Худо иное: когда обычные банальные конфликты оказываются в зоне нашего авторского внимания сами по себе, когда конфликты существуют как конфликты, факты как факты. Извечно банальное — для чего оно существует в искусстве и когда оно правомерно? По-моему, лишь тогда и для того, чтобы открывать небанальное.
Коллизия, банальная сама по себе, никогда не страшит. Страшит, удручает, обескураживает банальность художественного мышления…
— У вас профессия есть какая-нибудь?
— Есть.
— Какая же?
— Жена.
Автоцитата. Но что делать! Я пишу книгу о том, как возникают сюжеты, а они возникают из жизни прототипов.
Неизменный легкий ветерок не то удивления, не то недоумения всякий раз проходил по зрительному залу на спектаклях «Персонального дела», когда жена исключенного из партии Хлебникова так отвечала на вопросы Дергачевой, секретаря партбюро.

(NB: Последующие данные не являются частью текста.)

-- ===== src/Generics/Finished.antt =====
-- The instance whose body has been walked through takes its place among the instances
-- (`instantiate`, Compiler/generics.cpp).
use noe_code.Prelude.{
  In, ℕ, zero, suc, ◌≡◌, refl, sym, ap, subst, ◌∙◌, List, [], ◌∷◌, ◌++◌, Text, length, set, All,
}
use mathlib.Core.List.{append_assoc}
use noe_code.Ast.{FunctionDecl}
use noe_code.Generics.State.{Monomorphizer}
use noe_code.Generics.Ensured.{Appended}
use noe_code.Generics.Instantiated.{
  names, names-append, In-appended, In-last, IsInstanceOf, IsInstanced,
}

-- What is behind `fs` is replaced.
set_behind :
    (fs zs : List FunctionDecl) (f d : FunctionDecl)
    → set (fs ++ (f ∷ zs)) (length fs) d ≡ fs ++ (d ∷ zs)
set_behind [] zs f d = refl
set_behind (g ∷ fs) zs f d = ap (λ (l : List FunctionDecl). g ∷ l) (set_behind fs zs f d)

All-set :
    (P : FunctionDecl → Type 0) (gs : List FunctionDecl) (n : ℕ) (d : FunctionDecl)
    → P d
    → All P gs
    → All P (set gs n d)
All-set P [] n d h k = tt
All-set P (g ∷ gs) zero d h (p, k) = (h, k)
All-set P (g ∷ gs) (suc n) d h (p, k) = (p, All-set P gs n d h k)

replaced_behind :
    (fs gs zs : List FunctionDecl) (f d : FunctionDecl)
    → gs ≡ (fs ++ (f ∷ [])) ++ zs
    → set gs (length fs) d ≡ fs ++ (d ∷ zs)
replaced_behind fs gs zs f d e =
    ap (λ (l : List FunctionDecl). set l (length fs) d) (e ∙ append_assoc fs (f ∷ []) zs)
    ∙ set_behind fs zs f d

names_replaced :
    (fs gs zs : List FunctionDecl) (f d : FunctionDecl)
    → f.name ≡ d.name
    → gs ≡ (fs ++ (f ∷ [])) ++ zs
    → names (set gs (length fs) d) ≡ names gs
names_replaced fs gs zs f d e q =
    ap names (replaced_behind fs gs zs f d q)
    ∙ (names-append fs (d ∷ zs)
        ∙ (ap (λ (x : Text). names fs ++ (x ∷ names zs)) (sym e)
            ∙ (sym (names-append fs (f ∷ zs))
                ∙ ap names (sym (append_assoc fs (f ∷ []) zs) ∙ sym q))))

-- An instance that takes the place of the one of its name that was put behind those of `m`.
pub finished-IsInstanced :
    (m n : Monomorphizer) (fs : List FunctionDecl) (f d : FunctionDecl)
    → fs ≡ m.instances
    → f.name ≡ d.name
    → Appended (fs ++ (f ∷ [])) n.instances
    → IsInstanceOf n.functions d
    → IsInstanced m n
    → IsInstanced m (record n { instances = set n.instances (length fs) d })
finished-IsInstanced m n fs f d s e (zs, q) h p = record {
  functions = p.functions;
  kept = (
    d ∷ zs,
    replaced_behind fs n.instances zs f d q ∙ ap (λ (l : List FunctionDecl). l ++ (d ∷ zs)) s,
  );
  copies = λ k. All-set (IsInstanceOf n.functions) n.instances (length fs) d h (p.copies k);
  cached = λ k.
      subst (λ (l : List Text). All (λ (c : Text × Text). In c.1 l) n.cache)
        (sym (names_replaced fs n.instances zs f d e q)) (p.cached k);
  reports = p.reports;
}

-- And it is among the instances then.
pub finished-In :
    (n : Monomorphizer) (fs : List FunctionDecl) (f d : FunctionDecl)
    → f.name ≡ d.name
    → Appended (fs ++ (f ∷ [])) n.instances
    → In f.name (names (set n.instances (length fs) d))
finished-In n fs f d e (zs, q) =
    subst (In f.name) (sym (names_replaced fs n.instances zs f d e q))
      (In-appended f.name (fs ++ (f ∷ [])) n.instances (zs, q) (In-last f.name fs f refl))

Я видел, как кое-кто переглядывался, пожимая плечами.
Мой покойный друг Александр Зонин писал мне в 1955 году в письме-впечатлениях от спектакля «Персональное дело» на сцене Ленинградского театра имени Пушкина:
«…Рашевская и Мамаева просто хороши, а Медведева сумела сыграть наиболее сомнительное в твоем тексте место, произнесла «жена» так, что я поверил в необходимость этой фразы, хотя считал эту реплику фальшивой».
Досада Зонина на мою реплику объяснима. Она вызвана его субъективными представлениями о типе женщины и тем, вероятно, что он расшифровал мою реплику буквально, узко, в том смысле, какой вытекает из нее непосредственно.
Но ведь ничего бы не изменилось в реплике жены Хлебникова, владей она конкретной специальностью: она могла быть и химиком, и врачом, и учительницей.
Она вполне могла владеть специальностью и при этом работать но специальности увлеченно, талантливо, мастерски.
Но что бы это изменило?
Ведь и профессия жены тоже требует и увлеченности, и таланта, и мастерства, и, главное, доверия человека к человеку, позволяющие точно и безошибочно определять подлость и величие человеческой души и человеческих поступков, как определяла фальшь и правду в андреевских черновиках его «Дама Шура».
Профессией жены владели в совершенстве в девятнадцатом столетии княгиня Трубецкая и княгиня Волконская, воспетые Некрасовым, и Полина Геббль, простенькая французская девушка, полюбившая декабриста Анненкова и отправившаяся за ним в Сибирь, — о ней задумал писать либретто оперы Алексей Толстой.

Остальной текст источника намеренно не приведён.